#### Assignment:
Once the line containing "listed-HasKey of_bgp (key_of" is found in the entries below, reproduce it and every line after it, stopping at and including the line containing "call-HasKey Aspects.cilium_nodes api"; reproduce nothing else, and keep each line exact.

Stored data

+ + + + + + +

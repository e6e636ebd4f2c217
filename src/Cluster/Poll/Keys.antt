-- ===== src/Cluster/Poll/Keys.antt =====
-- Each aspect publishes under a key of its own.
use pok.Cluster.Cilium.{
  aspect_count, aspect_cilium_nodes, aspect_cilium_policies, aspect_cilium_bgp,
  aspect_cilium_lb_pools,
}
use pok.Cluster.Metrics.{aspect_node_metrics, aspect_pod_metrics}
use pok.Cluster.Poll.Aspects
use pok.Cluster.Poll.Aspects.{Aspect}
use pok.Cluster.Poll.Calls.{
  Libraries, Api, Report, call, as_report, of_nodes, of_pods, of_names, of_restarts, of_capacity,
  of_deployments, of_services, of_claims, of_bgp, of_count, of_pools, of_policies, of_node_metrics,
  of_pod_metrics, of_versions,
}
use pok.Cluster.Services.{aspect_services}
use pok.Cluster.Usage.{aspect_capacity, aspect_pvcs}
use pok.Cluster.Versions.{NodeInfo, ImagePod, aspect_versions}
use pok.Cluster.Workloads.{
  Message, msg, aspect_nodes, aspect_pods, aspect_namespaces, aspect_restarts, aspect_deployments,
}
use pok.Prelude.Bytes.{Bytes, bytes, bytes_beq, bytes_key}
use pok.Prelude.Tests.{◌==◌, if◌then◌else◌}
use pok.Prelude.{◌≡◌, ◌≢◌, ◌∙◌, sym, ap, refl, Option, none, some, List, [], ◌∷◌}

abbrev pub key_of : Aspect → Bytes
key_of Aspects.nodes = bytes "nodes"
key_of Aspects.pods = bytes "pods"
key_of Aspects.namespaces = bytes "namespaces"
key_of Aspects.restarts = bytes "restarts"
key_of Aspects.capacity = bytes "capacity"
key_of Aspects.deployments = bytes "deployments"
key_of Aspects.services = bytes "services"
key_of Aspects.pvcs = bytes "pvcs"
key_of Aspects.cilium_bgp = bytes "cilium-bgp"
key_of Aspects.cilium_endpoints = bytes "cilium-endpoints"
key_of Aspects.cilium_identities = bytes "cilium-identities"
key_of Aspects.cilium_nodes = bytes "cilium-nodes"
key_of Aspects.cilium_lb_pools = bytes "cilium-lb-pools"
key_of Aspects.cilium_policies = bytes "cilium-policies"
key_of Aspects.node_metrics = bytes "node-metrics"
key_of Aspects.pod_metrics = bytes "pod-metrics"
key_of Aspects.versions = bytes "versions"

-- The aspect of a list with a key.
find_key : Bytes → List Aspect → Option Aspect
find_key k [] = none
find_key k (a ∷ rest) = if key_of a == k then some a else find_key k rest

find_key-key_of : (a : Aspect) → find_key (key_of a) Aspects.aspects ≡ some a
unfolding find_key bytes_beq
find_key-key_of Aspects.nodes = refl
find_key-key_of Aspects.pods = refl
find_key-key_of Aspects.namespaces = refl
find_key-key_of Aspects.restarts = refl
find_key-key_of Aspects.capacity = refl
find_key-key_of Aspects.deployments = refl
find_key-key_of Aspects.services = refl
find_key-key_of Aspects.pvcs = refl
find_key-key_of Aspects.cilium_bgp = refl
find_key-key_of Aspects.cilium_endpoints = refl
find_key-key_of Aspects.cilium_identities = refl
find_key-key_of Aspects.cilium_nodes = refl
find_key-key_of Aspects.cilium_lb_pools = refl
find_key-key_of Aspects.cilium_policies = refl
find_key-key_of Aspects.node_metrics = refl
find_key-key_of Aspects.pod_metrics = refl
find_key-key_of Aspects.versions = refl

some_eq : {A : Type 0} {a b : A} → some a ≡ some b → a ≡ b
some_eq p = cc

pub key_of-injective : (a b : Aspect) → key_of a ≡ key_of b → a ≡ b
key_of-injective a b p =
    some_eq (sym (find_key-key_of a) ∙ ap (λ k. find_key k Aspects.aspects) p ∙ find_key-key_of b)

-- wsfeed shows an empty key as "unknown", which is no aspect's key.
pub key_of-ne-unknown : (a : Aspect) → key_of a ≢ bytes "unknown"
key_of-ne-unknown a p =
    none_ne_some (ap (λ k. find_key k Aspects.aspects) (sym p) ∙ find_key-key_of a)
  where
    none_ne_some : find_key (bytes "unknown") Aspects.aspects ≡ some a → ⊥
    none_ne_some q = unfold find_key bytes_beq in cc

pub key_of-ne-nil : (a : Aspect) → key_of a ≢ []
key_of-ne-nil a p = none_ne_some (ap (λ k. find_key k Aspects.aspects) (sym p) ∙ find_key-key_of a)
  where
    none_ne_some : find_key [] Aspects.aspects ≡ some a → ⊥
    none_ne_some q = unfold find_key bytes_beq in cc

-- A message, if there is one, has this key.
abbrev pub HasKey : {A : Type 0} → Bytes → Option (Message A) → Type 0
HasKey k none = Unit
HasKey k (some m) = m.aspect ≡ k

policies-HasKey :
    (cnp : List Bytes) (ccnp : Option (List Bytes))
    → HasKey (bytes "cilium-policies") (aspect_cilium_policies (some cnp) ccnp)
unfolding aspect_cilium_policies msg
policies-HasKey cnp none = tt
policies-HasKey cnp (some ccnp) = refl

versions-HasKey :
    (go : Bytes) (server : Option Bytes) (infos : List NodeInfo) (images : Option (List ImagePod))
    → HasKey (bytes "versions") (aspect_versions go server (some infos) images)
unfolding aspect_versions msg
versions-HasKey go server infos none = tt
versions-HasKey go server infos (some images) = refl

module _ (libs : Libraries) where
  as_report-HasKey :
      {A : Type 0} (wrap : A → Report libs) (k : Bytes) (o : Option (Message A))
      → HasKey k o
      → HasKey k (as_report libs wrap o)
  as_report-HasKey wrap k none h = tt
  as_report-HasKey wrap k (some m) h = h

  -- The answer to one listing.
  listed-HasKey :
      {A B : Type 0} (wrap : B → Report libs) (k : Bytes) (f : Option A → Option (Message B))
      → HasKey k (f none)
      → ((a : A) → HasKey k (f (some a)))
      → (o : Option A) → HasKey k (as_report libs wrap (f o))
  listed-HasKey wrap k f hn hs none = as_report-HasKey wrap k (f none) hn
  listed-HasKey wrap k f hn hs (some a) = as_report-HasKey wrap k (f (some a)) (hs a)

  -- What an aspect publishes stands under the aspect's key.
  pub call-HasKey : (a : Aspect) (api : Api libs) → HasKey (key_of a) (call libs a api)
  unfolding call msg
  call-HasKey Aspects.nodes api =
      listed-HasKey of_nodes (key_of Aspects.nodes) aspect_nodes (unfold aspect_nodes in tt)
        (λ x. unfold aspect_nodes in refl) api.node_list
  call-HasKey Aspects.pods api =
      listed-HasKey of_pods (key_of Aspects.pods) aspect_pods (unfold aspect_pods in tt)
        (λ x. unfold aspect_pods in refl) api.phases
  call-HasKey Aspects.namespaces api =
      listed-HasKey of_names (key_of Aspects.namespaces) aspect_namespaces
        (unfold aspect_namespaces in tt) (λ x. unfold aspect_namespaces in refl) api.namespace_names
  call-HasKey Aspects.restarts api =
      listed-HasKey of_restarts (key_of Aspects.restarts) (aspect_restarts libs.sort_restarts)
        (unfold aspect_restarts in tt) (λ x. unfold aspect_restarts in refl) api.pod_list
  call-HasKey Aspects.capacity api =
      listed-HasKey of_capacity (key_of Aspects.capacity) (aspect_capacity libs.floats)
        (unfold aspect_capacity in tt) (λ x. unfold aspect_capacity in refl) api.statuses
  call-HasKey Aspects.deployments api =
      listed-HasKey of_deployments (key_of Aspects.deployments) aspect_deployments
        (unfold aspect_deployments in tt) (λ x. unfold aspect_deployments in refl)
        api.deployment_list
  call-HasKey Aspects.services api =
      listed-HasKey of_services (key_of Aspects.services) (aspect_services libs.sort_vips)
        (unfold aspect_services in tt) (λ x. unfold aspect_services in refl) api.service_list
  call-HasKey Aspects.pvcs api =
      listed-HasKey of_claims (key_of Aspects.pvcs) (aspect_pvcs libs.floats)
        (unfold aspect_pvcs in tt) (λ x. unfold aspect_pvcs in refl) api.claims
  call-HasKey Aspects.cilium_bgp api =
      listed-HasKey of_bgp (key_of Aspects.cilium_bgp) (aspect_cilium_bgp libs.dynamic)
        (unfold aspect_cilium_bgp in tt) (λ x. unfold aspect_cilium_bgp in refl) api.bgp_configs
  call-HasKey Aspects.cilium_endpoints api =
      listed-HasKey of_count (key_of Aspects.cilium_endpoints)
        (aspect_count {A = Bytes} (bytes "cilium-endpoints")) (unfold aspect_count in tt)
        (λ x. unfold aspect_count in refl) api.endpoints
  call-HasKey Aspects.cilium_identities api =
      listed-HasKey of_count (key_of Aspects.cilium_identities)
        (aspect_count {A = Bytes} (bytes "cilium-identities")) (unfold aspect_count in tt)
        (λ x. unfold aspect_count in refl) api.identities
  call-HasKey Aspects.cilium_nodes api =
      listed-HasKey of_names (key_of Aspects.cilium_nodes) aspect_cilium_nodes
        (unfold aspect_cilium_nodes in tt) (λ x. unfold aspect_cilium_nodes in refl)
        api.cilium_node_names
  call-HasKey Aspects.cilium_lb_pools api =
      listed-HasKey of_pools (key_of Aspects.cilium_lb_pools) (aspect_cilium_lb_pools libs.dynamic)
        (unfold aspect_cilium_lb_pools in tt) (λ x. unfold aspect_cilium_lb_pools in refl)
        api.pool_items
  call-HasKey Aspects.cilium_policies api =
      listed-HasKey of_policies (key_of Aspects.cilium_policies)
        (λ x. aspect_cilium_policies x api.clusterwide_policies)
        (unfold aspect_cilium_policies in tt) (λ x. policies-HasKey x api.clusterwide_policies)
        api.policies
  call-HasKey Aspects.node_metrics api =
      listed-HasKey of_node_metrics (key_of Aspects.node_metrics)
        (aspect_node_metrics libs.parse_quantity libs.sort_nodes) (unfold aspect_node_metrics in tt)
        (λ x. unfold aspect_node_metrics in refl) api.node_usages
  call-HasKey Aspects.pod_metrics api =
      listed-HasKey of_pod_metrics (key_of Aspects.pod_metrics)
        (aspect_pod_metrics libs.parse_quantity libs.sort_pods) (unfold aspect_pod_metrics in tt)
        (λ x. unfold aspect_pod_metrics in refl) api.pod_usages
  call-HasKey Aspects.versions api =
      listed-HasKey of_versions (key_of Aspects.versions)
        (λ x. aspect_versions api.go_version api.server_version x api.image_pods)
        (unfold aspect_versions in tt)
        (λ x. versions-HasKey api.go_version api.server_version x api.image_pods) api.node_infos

+ + + + + + +

#### Response to this task:
      listed-HasKey of_bgp (key_of Aspects.cilium_bgp) (aspect_cilium_bgp libs.dynamic)
        (unfold aspect_cilium_bgp in tt) (λ x. unfold aspect_cilium_bgp in refl) api.bgp_configs
  call-HasKey Aspects.cilium_endpoints api =
      listed-HasKey of_count (key_of Aspects.cilium_endpoints)
        (aspect_count {A = Bytes} (bytes "cilium-endpoints")) (unfold aspect_count in tt)
        (λ x. unfold aspect_count in refl) api.endpoints
  call-HasKey Aspects.cilium_identities api =
      listed-HasKey of_count (key_of Aspects.cilium_identities)
        (aspect_count {A = Bytes} (bytes "cilium-identities")) (unfold aspect_count in tt)
        (λ x. unfold aspect_count in refl) api.identities
  call-HasKey Aspects.cilium_nodes api =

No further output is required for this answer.